Sébastopol pris, la flotte russe détruite, les alliés songèrent à trouver un emploi pour l’immense force navale qu’ils avaient réunie dans la Mer-Noire. Cinq opérations furent proposées : l’occupation du détroit de Ghenitshek et la destruction du pont de Tschongar, — l’occupation de Kaffa et d’Arabat, — l’attaque des batteries dont les Russes avaient conservé la possession sur la rive septentrionale du port, — le bombardement d’Odessa, — l’enlèvement du fort de Kinburn à l’embouchure du Dnieper. Aucun de ces projets ne supporta un examen sérieux, si l’on en excepte le projet concernant le fort de Kinburn. « C’est la seule entreprise, écrivait l’amiral Bruat, qui se puisse et se doive tenter en ce moment.

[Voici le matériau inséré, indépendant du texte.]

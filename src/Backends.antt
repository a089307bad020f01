-- ===== src/Backends.antt =====
-- The three backends side by side: caio/thread_aio.c, caio/linux_aio.c and caio/linux_uring.c.
pub mod Reads
pub mod Collector
pub mod Loading
pub mod Requests
pub mod Attributes
pub mod Modules
pub mod Lifecycle
mod Desks
mod Tests
mod CallTests
mod LifecycleTests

Il ne s’agit pas seulement de détruire les fortifications qui gardent les bouches du Bug et du Dnieper ; il faut s’y loger, couper la presqu’île de Tendra et bloquer par ce moyen Nikolaïef, comme nous bloquons déjà la mer d’Azof. Nous aurons ainsi une base d’opérations pour la campagne prochaine, ou un gage important, si nous voulons traiter de la paix. »

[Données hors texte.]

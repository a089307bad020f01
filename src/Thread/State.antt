-- ===== src/Thread/State.antt =====
-- The structures of caio/thread_aio.c and the memory that they live in.
use caio.Base.{ℤ, pos, Ref, update, Counts, ℕ, Bool, false, Option, none, List, ◌∷◌}

-- `enum THAIO_OP_CODE`
pub data Opcode : Type 0 where
  thaio_read thaio_write thaio_fsync thaio_fdsync thaio_noop : Opcode

-- `AIOContext`. `PyArg_ParseTupleAndKeywords` stores an `H` argument in two bytes, and `pool_size`
-- has one: `pool_size_pad` is the padding byte that follows it. The weak references and the object
-- header belong to the interpreter, here and in `Operation`.
pub record Context : Type 0 where
  pub pool : Option Ref
  pub max_requests : ℕ
  pub pool_size : ℕ
  pub pool_size_pad : ℕ

-- `AIOOperation`
pub record Operation : Type 0 where
  pub py_buffer : Option Ref
  pub callback : Option Ref
  pub opcode : Opcode
  pub fileno : ℕ
  pub offset : ℤ
  pub result : ℤ
  pub error : ℕ
  pub in_progress : Bool
  pub done : Bool
  pub buf_size : ℤ
  pub buf : Option Ref
  pub ctx : Option Ref

-- What `tp_alloc` gives: every field is zero, and THAIO_READ is 0.
abbrev pub blank_context : Context
blank_context = record { pool = none; max_requests = 0; pool_size = 0; pool_size_pad = 0 }

abbrev pub blank : Operation
blank = record {
  py_buffer = none;
  callback = none;
  opcode = thaio_read;
  fileno = 0;
  offset = pos 0;
  result = pos 0;
  error = 0;
  in_progress = false;
  done = false;
  buf_size = pos 0;
  buf = none;
  ctx = none;
}

-- The objects by their addresses, the counts of the references to them, and the blocks of bytes.
-- The rest records calls: `tasks` the operations that a pool has accepted and no worker has begun,
-- `destroyed` the pools torn down, `freed` the addresses given back, and `calls` the callbacks that
-- were invoked, with their argument, the latest first.
pub record World : Type 0 where
  pub ops : Ref → Operation
  pub ctxs : Ref → Context
  pub refs : Counts
  pub blocks : Ref → List ℕ
  pub tasks : List Ref
  pub destroyed : List Ref
  pub freed : List Ref
  pub calls : List (Ref × ℤ)

abbrev pub set_op : Ref → Operation → World → World
set_op p o w = record w { ops = update w.ops p o }

abbrev pub set_ctx : Ref → Context → World → World
set_ctx c x w = record w { ctxs = update w.ctxs c x }

abbrev pub free : Ref → World → World
free p w = record w { freed = p ∷ w.freed }

abbrev pub set_refs : Counts → World → World
set_refs c w = record w { refs = c }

La réponse du ministre se fit attendre. Elle nous fut enfin transmise par le télégraphe : « défense de l’empereur d’agir contre Odessa ; ordre d’enlever et d’occuper le fort de Kinburn. » Quand ce message laconique parvint à Kamiesh, le vice-amiral Bruat venait d’être promu à la dignité d’amiral. Sa santé, toujours chancelante, avait décliné rapidement depuis l’expédition de Kertch. La saison était avancée. Le retard qu’on avait mis à nous répondre ouvrait largement la porte aux objections. L’amiral n’en fit cependant aucune. Il fut le seul qui ne s’aperçut pas qu’on donnait une bien grave responsabilité à encourir à un homme dont la tâche pouvait être considérée comme remplie et dont la fortune était faite. L’amiral Lyons eût préféré agir contre Odessa ; l’amirauté britannique l’y autorisait. Il n’hésita pas à faire le sacrifice de ses idées personnelles pour prêter tout son concours à l’opération qui avait eu l’approbation du gouvernement français. C’était un loyal allié. S’il y a eu parfois des dissentimens et des susceptibilités entre les deux armées, il n’y en a jamais eu entre les deux flottes.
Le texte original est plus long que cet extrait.